Autopoeitic systems have their own internal mode of circular organization; organization of the system produces the components of the system and constructs a semi-permeable membrane that defines the system. The self-organizing mechanisms within the system constrain and delineate the domain of possible interactions between the system and the environment. Autopoietic systems can be compared to allopoietic systems, which are systems that rely on the interference of an external agent. Allopoietic systems rely on heteronomy (two systems, organisms and environment) whereas autopoietic systems are autonomous (one system, codependent origination, structural coupling, sensorimotor contingencies). Autopoietic systems have what is called “operational closure”, meaning that the internal processing functions of an organism are not singularly defined by the environment and that the products of interactions within the cell do not leave the cell. That is, the structure of the network of molecular components within a cell determines the way that environmental stimulations will be processed by the cell and hence by the organism.

Organisms exist within an environment that constrains the activity of the organism, but the organism also has a certain degree of autonomy.
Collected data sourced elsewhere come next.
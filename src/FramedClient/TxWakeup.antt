-- ===== src/FramedClient/TxWakeup.antt =====
-- The condition variables of the transmit queue of Protocols/Framing/Client/ChatClient.cpp: the
-- input thread waits on `m_txNotFull`, the sending thread on `m_txNotEmpty`.
use tcp_simple_chat.Base.{
  is_empty, ℕ, ◌≤◌, ◌≡◌, ◌≢◌, List, [], ◌∷◌, Bool, true, false, not, refl, ap, subst, ◌||◌, arith,
  length,
}
use tcp_simple_chat.FramedClient.{
  Message, Client, TxOverflowMode, block_producer, tx_hwm, producer_ready, waits, returns,
  tx_enqueue, takes, idles, take_front, tx_dequeue,
}
use tcp_simple_chat.FramedClient.TxBounds.{total, IsValid, Outcome, tx_enqueue-Outcome, Drops}

-- The predicate of `m_txNotEmpty.wait` in `SendMessages`.
abbrev pub sender_ready : Client → Bool
sender_ready c = not c.is_active || not (is_empty c.tx_queue)

take_front_notifies :
    (c c' : Client) (q : List Message) (msg : Message) (n : Bool) (size : ℕ)
    → take_front c q ≡ takes msg c' n
    → producer_ready c size ≡ false
    → producer_ready c' size ≡ true
    → n ≡ true
unfolding take_front producer_ready
take_front_notifies c c' [] msg n size e before after = ground arith
take_front_notifies c c' (m ∷ q) msg n size e before after = ground arith

-- A dequeue after which the predicate of a producer with a message of a given size holds, where it
-- did not hold before, notifies `m_txNotFull`.
pub tx_dequeue_notifies :
    (c c' : Client) (msg : Message) (n : Bool) (size : ℕ)
    → tx_dequeue c ≡ takes msg c' n
    → producer_ready c size ≡ false
    → producer_ready c' size ≡ true
    → n ≡ true
unfolding tx_dequeue
tx_dequeue_notifies c c' msg n size e before after =
    take_front_notifies c c' c.tx_queue msg n size e before after

kept_empty :
    (size : ℕ) (q gone kept : List Message)
    → Drops size q gone kept
    → is_empty q ≡ true
    → is_empty kept ≡ true
kept_empty size [] [] kept (e, _, _) h = ground arith
kept_empty size [] (g ∷ gone) kept (e, _, _) h = cc
kept_empty size (m ∷ q) gone kept d h = cc

notifies-Outcome :
    (mode : TxOverflowMode) (c c' : Client) (msg : Message) (ok n : Bool)
    → Outcome mode c msg (returns ok c' n)
    → sender_ready c ≡ false
    → sender_ready c' ≡ true
    → n ≡ true
notifies-Outcome block_producer c c' msg ok n o before after = ground arith
notifies-Outcome TxOverflowMode.drop_newest c c' msg ok n o before after = ground arith
notifies-Outcome TxOverflowMode.drop_oldest c c' msg ok n (gone, kept, run, drops) before after =
    ground (arith, kept_empty (length msg) c.tx_queue gone kept drops)
notifies-Outcome TxOverflowMode.disconnect_on_overflow c c' msg ok n o before after = ground arith

-- In every mode, an enqueue after which the sending thread's predicate holds, where it did not
-- hold before, notifies `m_txNotEmpty`.
pub tx_enqueue_notifies :
    (c c' : Client) (msg : Message) (ok n : Bool)
    → IsValid c
    → length msg ≤ tx_hwm
    → tx_enqueue c msg ≡ returns ok c' n
    → sender_ready c ≡ false
    → sender_ready c' ≡ true
    → n ≡ true
tx_enqueue_notifies c c' msg ok n v small e before after =
    notifies-Outcome c.tx_mode c c' msg ok n
      (subst (Outcome c.tx_mode c msg) e (tx_enqueue-Outcome c msg v small)) before after

take_front_idles : (c : Client) (q : List Message) → take_front c q ≡ idles → q ≡ []
unfolding take_front
take_front_idles c [] e = refl
take_front_idles c (m ∷ q) e = cc

-- The input thread and the sending thread never wait for one another: while `TxEnqueueMessage` waits
-- with a message of at most 1 MiB, the sending thread does not.
pub tx_enqueue_waits :
    (c : Client) (msg : Message)
    → IsValid c
    → length msg ≤ tx_hwm
    → tx_enqueue c msg ≡ waits
    → tx_dequeue c ≢ idles
unfolding tx_enqueue tx_dequeue
tx_enqueue_waits c msg v small e stuck =
    let empty = take_front_idles c c.tx_queue stuck in
    ground (arith, ap total empty, v.counted, v.bounded)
The organism is not just a simple input-output processor receiving ready-made information from the environment; instead the organism creates meaning from what is given in the environment. The nervous system, endocrine system, immune system, etc., influence what it is that the world becomes (perceptually and experientially) for the organism.

Living cells are a fascinating example of an autopoietic organization in that they are both self-producing and self-reproducing. This means that the process of cellular reproduction (mitosis) is triggered by a cellular fracture generated by internal mechanisms and not by external “splicing” from a separate entity or force. Humberto and Maturana (1987) hypothesize initially, in the history of the evolution of the living cell this cellular fracture was provoked by a “bumping” of one cellular unity with an external entity. Somewhere along the way cells evolved to produce this dividing mechanism internally and whatever processes and mechanisms that generated this splicing were preserved throughout the heredity of “daughter” cells.

Cellular reproduction creates two unities that are not identical to the original or to one another but have the same basic organization. In order for this structural similarity to be preserved, the mother system must be distributed and non-compartmentalized at the time of reproduction. Interestingly, during interphase (the non-reproducing timeframe in a cell’s lifespan) the cell’s components are compartmentalized and separated from one another and hence there can be no plane of fracture.

The process of reproduction produces some structural configurations that are preserved and others that vary with the ongoing generations of new cells. The structural configurations that reappear from generation to generation define the heredity characteristics of a class of cells. Some cellular components are resistant to variations and thus are conserved with only slight changes through reproduction. For instance, the synthesis of proteins with DNA remains largely unchanged through the historical lineage of cellular reproduction, and yet the type of proteins synthesized changes with a much greater range of variance with each successive generation.

Ontogeny is the history of structural changes within a unity without the loss of organization in that unity. The environment interacts with the unity from moment to moment to produce ongoing structural reconfigurations. The system also structurally changes from moment to moment based on its own internal dynamics. The cell unity constitutes the range of interactions that can be had with the environment based on its structure in any given instance.